Specifically, as to the claim that extravasation could cause the inmate’s throat to shut down and deprive the inmate of oxygen while partially conscious, Dr. Antognini countered that if the pentobarbital stopped flowing to the inmate, the inmate would wake up. Id. at 215. Dr. Antognini also disagreed with the assertion
that the pentobarbital causes pulmonary edema. Indeed, Dr. Antognini testified that drugs that work in a manner similar to pentobarbital do not cause pulmonary edema. Id. Dr. Antognini opined that even if pulmonary edema occurred before death, the inmate would not be aware of it because he would be rendered unconscious by the pentobarbital. Id. at 216.

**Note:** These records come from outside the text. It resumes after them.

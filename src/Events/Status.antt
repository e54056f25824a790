-- ===== src/Events/Status.antt =====
-- The life cycle of an event: `updateStatus` of src/modules/events/events.service.ts.
use ecotrack_api.Common.{
  Bool, List, String, [], any, none, not, select, some, update_where, ℕ, ◌<>◌, ◌∷◌,
}
use ecotrack_api.Db.{
  EventRow, EventRsvpRow, EventStatus, NotificationType, Request, bad_request, execute, for_each,
  pure, query, same_event_status, throw_if, when_some, ◌>>=◌, ◌>>◌,
}
use ecotrack_api.Events.{
  EventFull, cancel_reminder, event_entry, find_event, find_scoped_event, is_event, linked,
  rsvp_for,
}
use ecotrack_api.Incidents.{find_scoped_incident}
use ecotrack_api.Incidents.Advance.{auto_advance}
use ecotrack_api.Platform.Audit.{record_audit}
use ecotrack_api.Platform.Notifications.{Notice, notify}
use ecotrack_api.Workflow.Rules.{StageRuleTrigger}
use ecotrack_api.Workflow.Stages.{find_by_id}

-- VALID_TRANSITIONS
abbrev pub valid_transitions : EventStatus → List EventStatus
valid_transitions EventStatus.scheduled = EventStatus.ongoing ∷ EventStatus.cancelled ∷ []
valid_transitions EventStatus.ongoing = EventStatus.completed ∷ EventStatus.cancelled ∷ []
valid_transitions EventStatus.completed = []
valid_transitions EventStatus.cancelled = []

abbrev pub can_move : EventStatus → EventStatus → Bool
can_move from to = any (same_event_status to) (valid_transitions from)

abbrev pub status_row : ℕ → EventStatus → EventRow → EventRow
status_row now status e = record e { status = status; updated_at = now }

-- event.${status}
abbrev pub status_action : EventStatus → String
status_action EventStatus.scheduled = "event.scheduled"
status_action EventStatus.ongoing = "event.ongoing"
status_action EventStatus.completed = "event.completed"
status_action EventStatus.cancelled = "event.cancelled"

abbrev pub cancelled_notice : ℕ → EventRow → EventRsvpRow → Notice
cancelled_notice organisation_id e r = record {
  user_id = r.user_id;
  organisation_id = some organisation_id;
  type = NotificationType.event_cancelled;
  title = "Event cancelled";
  message = "\"" <> e.title <> "\" has been cancelled.";
  related_entity_type = some "event";
  related_entity_id = some e.id;
}

unfoldable pub announce_cancellation : ℕ → EventRow → Request (Unit {0})
announce_cancellation organisation_id e = do
  cancel_reminder e.id
  rsvps ← query λ db. select (rsvp_for e.id) db.event_rsvps
  for_each rsvps λ r. notify (cancelled_notice organisation_id e r)

-- The advance of one linked incident of a completed event.
unfoldable pub complete_incident : ℕ → ℕ → ℕ → Request (Unit {0})
complete_incident organisation_id acting_user_id incident_id = do
  incident ← find_scoped_incident organisation_id incident_id
  when_some incident.current_stage_id λ at. do
    current ← find_by_id at
    auto_advance organisation_id incident.id StageRuleTrigger.event_completion current
        acting_user_id "event.completed"

unfoldable pub complete_incidents : ℕ → ℕ → ℕ → Request (Unit {0})
complete_incidents organisation_id event_id acting_user_id = do
  ids ← query λ db. linked event_id db.event_incidents
  for_each ids (complete_incident organisation_id acting_user_id)

unfoldable pub consequences : ℕ → EventRow → EventStatus → ℕ → Request (Unit {0})
consequences organisation_id e EventStatus.cancelled acting_user_id =
    announce_cancellation organisation_id e
consequences organisation_id e EventStatus.completed acting_user_id =
    complete_incidents organisation_id e.id acting_user_id
consequences organisation_id e _ acting_user_id = pure tt

unfoldable pub update_status : ℕ → ℕ → EventStatus → ℕ → Request EventFull
update_status organisation_id event_id status acting_user_id = do
  full ← find_scoped_event organisation_id event_id
  throw_if (not (can_move full.event.status status))
      (bad_request "Cannot move an event between these statuses.")
  execute λ db. record db {
    events = update_where (is_event event_id) (status_row db.clock status) db.events;
  }
  record_audit (event_entry organisation_id acting_user_id (status_action status) event_id none)
  consequences organisation_id full.event status acting_user_id
  find_event event_id
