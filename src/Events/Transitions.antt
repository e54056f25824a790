-- ===== src/Events/Transitions.antt =====
-- The status machine of src/modules/events/events.service.ts over a whole `updateStatus`: what its
-- consequences leave alone, and the status that it leaves behind.
use ecotrack_api.Common.{
  ==_iff, Bool-cases, List, arith, find-update_found, find_holds, inl, inr, none, refl, select,
  some, true, update_where, ℕ, ◌≡◌,
}
use ecotrack_api.Db.{
  >>=-eq-ok, AuditLogRow, Db, EventRow, EventStatus, IncidentRow, Keeps, Keeps->>=, Keeps-eq,
  Keeps-for_each, Keeps-pure, Keeps-query, Keeps-when_some, WorkflowStageRuleRow, ok, query, ◌>>◌,
}
use ecotrack_api.Events.{
  EventFull, cancel_reminder, event_by_id, event_entry, find_event, find_scoped_event, is_event,
  linked, rsvp_for,
}
use ecotrack_api.Events.Capacity.{find_event_found, find_event_state}
use ecotrack_api.Events.Status.{
  announce_cancellation, can_move, cancelled_notice, complete_incident, complete_incidents,
  consequences, status_action, status_row, update_status,
}
use ecotrack_api.Incidents.{find_scoped_incident}
use ecotrack_api.Incidents.Frames.{
  advanced_parts, auto_advance-Keeps, find_by_id-Keeps, find_scoped_incident-Keeps,
}
use ecotrack_api.Platform.Audit.{append_log}
use ecotrack_api.Platform.Notifications.{Notice, notify}
use ecotrack_api.Workflow.Rules.{StageRuleTrigger}
use ecotrack_api.Workflow.Stages.{find_by_id}

-- The table of events.
abbrev event_table : Db → List EventRow
event_table db = db.events

-- Advancing an incident does not touch it.
event_table_blind :
    (db : Db) (n : ℕ) (is : List IncidentRow) (rs : List WorkflowStageRuleRow)
    (ls : List AuditLogRow)
    → event_table (advanced_parts n is rs ls db) ≡ event_table db
event_table_blind db n is rs ls = refl

complete_incident-Keeps :
    (organisation_id user_id id : ℕ)
    → Keeps event_table (complete_incident organisation_id user_id id)
unfolding complete_incident
complete_incident-Keeps organisation_id user_id id =
    Keeps->>= event_table (find_scoped_incident organisation_id id) _
      (find_scoped_incident-Keeps event_table event_table_blind organisation_id id)
      (λ i. Keeps-when_some event_table i.current_stage_id _ (λ at.
        Keeps->>= event_table (find_by_id at) _ (find_by_id-Keeps event_table event_table_blind at)
          (λ current.
            auto_advance-Keeps event_table event_table_blind organisation_id i.id
              StageRuleTrigger.event_completion current user_id "event.completed")))

notify-Keeps : (n : Notice) → Keeps event_table (notify n)
unfolding Keeps
notify-Keeps n db db' r h = ground arith

cancel_reminder-Keeps : (id : ℕ) → Keeps event_table (cancel_reminder id)
unfolding Keeps
cancel_reminder-Keeps id db db' r h = ground arith

consequences-Keeps :
    (organisation_id : ℕ) (e : EventRow) (status : EventStatus) (user_id : ℕ)
    → Keeps event_table (consequences organisation_id e status user_id)
unfolding consequences announce_cancellation complete_incidents
consequences-Keeps organisation_id e EventStatus.cancelled user_id =
    Keeps->>= event_table (cancel_reminder e.id) _ (cancel_reminder-Keeps e.id) (λ _.
      Keeps->>= event_table (query λ db. select (rsvp_for e.id) db.event_rsvps) _
        (Keeps-query event_table _)
        (λ rsvps.
          Keeps-for_each event_table rsvps (λ r. notify (cancelled_notice organisation_id e r))
            (λ r. notify-Keeps (cancelled_notice organisation_id e r))))
consequences-Keeps organisation_id e EventStatus.completed user_id =
    Keeps->>= event_table (query λ db. linked e.id db.event_incidents) _ (Keeps-query event_table _)
      (λ ids.
        Keeps-for_each event_table ids (complete_incident organisation_id user_id)
          (complete_incident-Keeps organisation_id user_id))
consequences-Keeps organisation_id e EventStatus.scheduled user_id = Keeps-pure event_table tt
consequences-Keeps organisation_id e EventStatus.ongoing user_id = Keeps-pure event_table tt

-- `findScoped` succeeds on an event of the organisation, and changes nothing.
scoped_event_found :
    (organisation_id event_id : ℕ) (db s : Db) (full : EventFull)
    → find_scoped_event organisation_id event_id db ≡ ok (full, s)
    → (s ≡ db)
      × (event_by_id event_id db ≡ some full.event)
      × (full.event.organisation_id ≡ organisation_id)
scoped_event_found organisation_id event_id db s full h =
    let (t, e, k) = >>=-eq-ok (find_event event_id) _ db h in
    let same = find_event_state event_id db t.1 t.0 e in
    let found = find_event_found event_id db t.1 t.0 e in (ground arith, ground arith, ground arith)

-- The state between the status write of `updateStatus` and its consequences.
abbrev status_written : ℕ → ℕ → EventStatus → ℕ → Db → Db
status_written organisation_id event_id status user_id db =
    append_log (event_entry organisation_id user_id (status_action status) event_id none)
      (record db {
        events = update_where (is_event event_id) (status_row db.clock status) db.events;
      })

-- A successful `updateStatus` found the event in the organisation and in a status that
-- VALID_TRANSITIONS moves to the new one; afterwards the event has the new status, and is otherwise
-- as it was.
pub update_status-moves :
    (organisation_id event_id : ℕ) (status : EventStatus) (user_id : ℕ) (db db' : Db)
    (r : EventFull)
    → update_status organisation_id event_id status user_id db ≡ ok (r, db')
    → (e : EventRow) × (event_by_id event_id db ≡ some e)
      × (e.organisation_id ≡ organisation_id)
      × (can_move e.status status ≡ true)
      × (event_by_id event_id db' ≡ some (status_row db.clock status e))
unfolding update_status
update_status-moves organisation_id event_id status user_id db db' r h =
    let (s, e, k) = >>=-eq-ok (find_scoped_event organisation_id event_id) _ db h in
    let (same, found, own) = scoped_event_found organisation_id event_id db s.1 s.0 e in
    let middle = status_written organisation_id event_id status user_id db in
    let legal : can_move s.0.event.status status ≡ true =
      elim (Bool-cases (can_move s.0.event.status status)) [
        | inl yes' ↦ yes'
        | inr no' ↦ absurd (ground arith)
      ] in
    let next : (consequences organisation_id s.0.event status user_id >> find_event event_id) middle
        ≡ ok (r, db') =
      rw⁻¹ same (ground arith) in
    let (t, f, g) =
      >>=-eq-ok (consequences organisation_id s.0.event status user_id) _ middle next in
    let kept : t.1.events ≡ middle.events =
      Keeps-eq event_table (consequences organisation_id s.0.event status user_id)
        (consequences-Keeps organisation_id s.0.event status user_id) middle t.1 t.0 f in
    let last : db' ≡ t.1 = find_event_state event_id t.1 db' r g in
    (
      s.0.event,
      found,
      own,
      legal,
      rw (last, kept)
          (find-update_found (λ (y : EventRow). y.id) event_id (is_event event_id)
            (status_row db.clock status) db.events (λ y. refl) found
            (find_holds (is_event event_id) db.events found) (λ y q. (==_iff _ _).0 q)),
    )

D. Plaintiff’s Gabapentin Usage Turning to Plaintiff’s second claim, Plaintiff contends that his gabapentin usage—a medication that he takes to treat his back pain—has made his brain less
responsive to other drugs, such as pentobarbital. Consequently, Plaintiff asserts that he could suffer substantial pain as a result. Limited expert testimony was presented regarding the gabapentin claim. While Dr. Waisel opined that Plaintiff’s high and increasing dose of gabapentin
could reduce the effectiveness of pentobarbital, he admitted that “we have no idea what the effects of gabapentin may be with pentobarbital, it’s an unknown, and we don’t have an analog to really look at it.” [Doc. 147, p. 127]. Dr. Waisel further
conceded that “no one actually knows” whether an inmate’s use of gabapentin would affect the efficacy of pentobarbital. Id. at 166–67. Ultimately, Dr. Waisel acknowledged that gabapentin was not substantially likely to affect the pentobarbital. Id. at 167. Dr. Antognini also provided testimony concerning Plaintiff’s gabapentin use. In his view, Plaintiff’s gabapentin use would not complicate the execution. Indeed, Dr. Antognini noted that in other executions where the inmates were taking gabapentin, those inmates died, on average, sooner than the inmates not taking
gabapentin. Id. at 190–91 (“So, if anything, the evidence suggests that gabapentin would be synergistic with pentobarbital, not antagonistic or causing resistance.”). CONCLUSIONS OF LAW
The Court now sets forth its conclusions of law. As previously stated, Plaintiff brings two claims challenging the method of execution—one regarding his compromised veins and the other pertaining to his gabapentin usage. To challenge a lethal injection protocol under the Eighth Amendment, a prisoner must
show by a preponderance of the evidence that “(1) the lethal injection protocol in question creates ‘a substantial risk of serious harm,’ and (2) there are ‘known and available alternatives’ that are ‘feasible, readily implemented,’ and that will ‘in fact
significantly reduce [the] substantial risk of severe pain.’” Gissendaner v. Comm’r, Ga. Dep’t of Corr., 779 F.3d 1275, 1283 (11th Cir. 2015) (alteration in original) (quoting Chavez v. Fla. SP Warden, 742 F.3d 1267, 1272 (11th Cir. 2014)). “If a State refuses to adopt such an alternative in the face of these
documented advantages, without a legitimate penological justification for adhering to its current method of execution, then a State’s refusal to change its method can be viewed as ‘cruel and unusual’ under the Eighth Amendment.” Baze v. Rees, 553 U.S. 35, 52 (2008). Notably, “the Eighth Amendment does not guarantee a prisoner a painless death,” but instead forbids punishment that intensifies the
sentence of death with a cruel superaddition of “terror, pain, or disgrace.” Bucklew v. Precythe, 587 U.S. 119, 132 (2019). The Court will first address Plaintiff’s claim regarding his compromised
veins. A. Compromised Veins In this claim, Plaintiff essentially asserts that the execution team will have problems inserting the peripheral IVs and that those IVs may be more likely to
rupture, thus causing a substantial risk that he will experience excruciating pain. Plaintiff also argues that the alternative IV access methods (such as the placement of a central line) will also result in a substantial risk of severe pain. A substantial
risk is a risk that is “sure or very likely to cause serious illness and needless suffering, and give rise to sufficiently imminent dangers.” Wellons v. Comm’r, Ga. Dep’t of Corrs., 754 F.3d 1260, 1265 (11th Cir. 2014) (emphasis omitted). The Court is not convinced that the condition of Plaintiff’s veins makes it unlikely that the execution team will be able to obtain a peripheral IV (or if they are able to obtain a peripheral IV, there would be complications). Indeed, the evidence at trial showed that after Plaintiff initiated this action, he has had three
medical procedures—all of which required peripheral IV access. Importantly, Plaintiff’s medical records lack any evidence that there were problems in obtaining peripheral IV access or complications once the peripheral IVs were inserted.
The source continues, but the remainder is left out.